General framework¶

Parsimony comprise three principal parts: algorithms, functions and estimators.

functions define the loss functions and penalties, and combination of those, that are to be minimised. These represent the underlying mathematical problem formulations.
algorithms define minimising algorithms (e.g., Fast Iterative Shrinkage-Thresholding Algorithm (FISTA) [FISTA2009], COntinuation of NESTerov’s smoothing Algorithm (CONESTA), Excessive Gap Method, etc.) that are used to minimise a given function.
estimators define a combination of functions and an algorithm. This is the higher-level entry-point for the user.
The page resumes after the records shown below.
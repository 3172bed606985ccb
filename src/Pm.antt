-- ===== src/Pm.antt =====
-- Power management (drivers/bus/mhi/core/pm.c).
pub mod State
pub mod Graph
Estimators combine a function (loss function plus penalties) with one or more algorithms that can be used to minimise the given function.
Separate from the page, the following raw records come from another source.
-- ===== src/Power/Suspend/Results.antt =====
-- What the results of suspend, resume and the synchronous wake-up mean.
use mhi_for_quectel_modem.Base.{
  ℕ, ◌+◌, ◌^◌, ◌<◌, Bool, true, false, Option, none, some, if◌then◌else◌, not, ◌≡◌, ap, ◌∙◌, ◌⊎◌,
  inl, inr, Bool-cases, List, [], ◌∷◌, refl, sym, arith, ◌==◌,
}
use mhi_for_quectel_modem.Regs.{Device, Callback, notify, lpm_enter, lpm_exit}
use mhi_for_quectel_modem.Pm.State.{bit, disable, in_error_state, m3_enter, m3_exit, m0}
use mhi_for_quectel_modem.DevState
use mhi_for_quectel_modem.Ctrl.{Ctrl, Errno, ok, err, eio, ebusy, einval, act, tryset}
use mhi_for_quectel_modem.Wake.{assert_dev_wake, deassert_dev_wake, resume_if_suspended}
use mhi_for_quectel_modem.Wake.Count.{count-assert, count-deassert}
use mhi_for_quectel_modem.Wait.{Wait, Waiting, Condition, IsWait}
use mhi_for_quectel_modem.Power.{set_mhi_state}
use mhi_for_quectel_modem.Power.Suspend.{
  has_client, is_busy, is_up, is_suspended, is_resumed, is_in_m0, until, waiting, notify_lpm,
  enter_m3, pm_suspend, pm_resume, get_sync,
}

-- Notifying channels changes nothing but the log.
pub notify_lpm-same :
    (cb : Callback) (is : List ℕ) (c : Ctrl)
    → let c' = notify_lpm cb is c in
      (c'.pm_state ≡ c.pm_state)
      × (c'.dev_state ≡ c.dev_state)
      × (c'.dev_wake ≡ c.dev_wake)
      × (c'.pending_pkts ≡ c.pending_pkts)
unfolding notify_lpm
notify_lpm-same cb [] c = (refl, refl, refl, refl)
notify_lpm-same cb (i ∷ is) c = elim (Bool-cases (has_client c i)) [
  | inl e ↦ rw (e, notify_lpm) (notify_lpm-same cb is (act (notify i cb) c))
  | inr e ↦ rw (e, notify_lpm) (notify_lpm-same cb is c)
]

module _ (dev : Device) (wait : Wait) (law : IsWait wait) where
  -- A wait that does not return 0 leaves a controller at which its condition holds.
  pub holds :
      (p : Ctrl → Bool) (s : Waiting)
      → ((wait (until p) s).1 == 0) ≡ false
      → p (wait (until p) s).0.ctrl ≡ true
  holds p s h =
      let e = (law (until p) s).1 in sym (ap (λ q. p (q.0).ctrl) e) ∙ ap (λ q. q.1) e ∙ ap not h

  enter_m3_ok :
      (c : Ctrl)
      → (enter_m3 dev wait c).1 ≡ ok
      → let c' = (enter_m3 dev wait c).0 in
        (c'.dev_state ≡ DevState.m3) × (in_error_state c'.pm_state ≡ false)
  unfolding enter_m3
  enter_m3_ok c h = ground (
    arith,
    holds is_suspended (waiting (set_mhi_state dev (tryset m3_enter c) DevState.m3)),
    notify_lpm-same lpm_enter
        (wait (until is_suspended)
          (waiting (set_mhi_state dev (tryset m3_enter c) DevState.m3))).0.ctrl.lpm_chans
        (wait (until is_suspended)
          (waiting (set_mhi_state dev (tryset m3_enter c) DevState.m3))).0.ctrl,
  )

  -- With a wait that keeps its contract, `mhi_pm_suspend` returns 0 only with the device in M3 and
  -- the controller in no error state.
  pub pm_suspend_ok :
      (c : Ctrl)
      → (pm_suspend dev wait c).1 ≡ ok
      → let c' = (pm_suspend dev wait c).0 in
        (c'.dev_state ≡ DevState.m3) × (in_error_state c'.pm_state ≡ false)
  unfolding pm_suspend
  pm_suspend_ok c h = ground (
    arith,
    enter_m3_ok
        (deassert_dev_wake (wait (until is_up) (waiting (assert_dev_wake c false))).0.ctrl false),
  )

  -- With a wait that keeps its contract, `mhi_pm_resume` returns 0 only from DISABLE, with nothing
  -- changed, or with the device in M0 and the controller in no error state.
  pub pm_resume_ok :
      (c : Ctrl)
      → (pm_resume dev wait c).1 ≡ ok
      → let c' = (pm_resume dev wait c).0 in
        ((c.pm_state ≡ disable) × (c' ≡ c))
        ⊎ ((c'.dev_state ≡ DevState.m0) × (in_error_state c'.pm_state ≡ false))
  unfolding pm_resume
  pm_resume_ok c h = ground (
    arith,
    holds is_resumed (
        waiting
          (set_mhi_state dev (tryset m3_exit (notify_lpm lpm_exit c.lpm_chans c)) DevState.m0)),
  )

  -- With a wait that keeps its contract, `__mhi_device_get_sync` returns 0 only with the
  -- controller in M0.
  pub get_sync_ok :
      (c : Ctrl) → (get_sync dev wait c).1 ≡ ok → (get_sync dev wait c).0.pm_state ≡ m0
  unfolding get_sync
  get_sync_ok c h =
      ground (arith, holds is_in_m0 (waiting (resume_if_suspended (assert_dev_wake c true))))

-- Why `mhi_pm_suspend` turns a controller down before it does anything: DISABLE, an error state, or
-- a device that is held awake or has packets pending, in this order.
abbrev pub refusal : Ctrl → Option Errno
refusal c =
    if bit c.pm_state == bit disable
    then some einval
    else if in_error_state c.pm_state
    then some eio
    else if is_busy c
    then some ebusy
    else none

-- Where there is a reason to refuse (EINVAL in DISABLE, else EIO in an error state, else EBUSY while
-- the device is held awake or packets are pending), `mhi_pm_suspend` returns it and leaves the
-- controller exactly as it was, its log included.
pub pm_suspend_refused :
    (dev : Device) (wait : Wait) (c : Ctrl) (e : Errno)
    → refusal c ≡ some e
    → pm_suspend dev wait c ≡ (c, err e)
unfolding pm_suspend
pm_suspend_refused dev wait c e h = ground arith

-- Where the other threads leave the wake count alone during the wait and one more reference does
-- not overflow it, `__mhi_device_get_sync` takes exactly one reference when it returns 0 and none
-- when it fails (EIO).
pub get_sync-count :
    (dev : Device) (wait : Wait) (c : Ctrl)
    → c.dev_wake + 1 < 2 ^ 32
    → ((cond : Condition) (s : Waiting) → (wait cond s).0.ctrl.dev_wake ≡ s.ctrl.dev_wake)
    → let (c', ret) = get_sync dev wait c in
      ((ret ≡ ok) × (c'.dev_wake ≡ c.dev_wake + 1)) ⊎ ((ret ≡ err eio) × (c'.dev_wake ≡ c.dev_wake))
unfolding get_sync
get_sync-count dev wait c h quiet =
    let s = waiting (resume_if_suspended (assert_dev_wake c true)) in
    ground (
      arith,
      quiet (until is_in_m0) s,
      count-assert c true,
      count-deassert (wait (until is_in_m0) s).0.ctrl false,
    )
Parsimony currently comprise the following parts:

Functions
- Loss functions
  - Linear regression
  - Logistic regression
- Penalties
  - L1 (Lasso)
  - L2 (Ridge)
  - Total Variation (TV)
  - Overlapping group lasso (GL)
Algorithms
- Iterative Shrinkage-Thresholding Algorithm (ISTA)
- Fast Iterative Shrinkage-Thresholding Algorithm (FISTA)
- COntinuation of NESTerov’s smoothing Algorithm (CONESTA)
- Excessive Gap Method
Estimators
- LinearRegression
- Lasso
- ElasticNet
- LinearRegressionL1L2TV
- LinearRegressionL1L2GL
- LogisticRegressionL1L2TV
- LogisticRegressionL1L2GL
- LinearRegressionL2SmoothedL1TV

Estimators¶

Simulated dataset for regression¶

We build a simple simulated dataset for the regression problem $y = X \beta + noise$ :

import numpy as np
import parsimony.utils.start_vectors as start_vectors
np.random.seed(42)
# Three-dimensional matrix is defined as:
shape = (4, 4, 4)
# The number of samples is defined as:
num_samples = 50
# The number of features per sample is defined as:
num_ft = shape[0] * shape[1] * shape[2]
# Define X randomly as simulated data
X = np.random.rand(num_samples, num_ft)
# Define beta randomly
start_vector = start_vectors.RandomStartVector(normalise=False,
                                               limits=(-1, 1))
beta = start_vector.get_vector(num_ft)
beta = np.sort(beta, axis=0)
beta[np.abs(beta) < 0.2] = 0.0
# Define y by adding noise
y = np.dot(X, beta) + 0.1 * np.random.randn(num_samples, 1)

In later sessions, we want to discover $\beta$ using different loss functions.

Linear regression¶

Knowing $X$ and $y$ , we want to find $\beta$ by minimizing the OLS loss function. Note that the defaulyt option is to minimize the mean squared error and not the sum squared error.

$\min \frac{1}{n}\|y - X\beta\|^2_2$

import parsimony.estimators as estimators
ols_estimator = estimators.LinearRegression()
ols_estimator.fit(X, y)
print "Estimated beta error =", np.linalg.norm(ols_estimator.beta - beta)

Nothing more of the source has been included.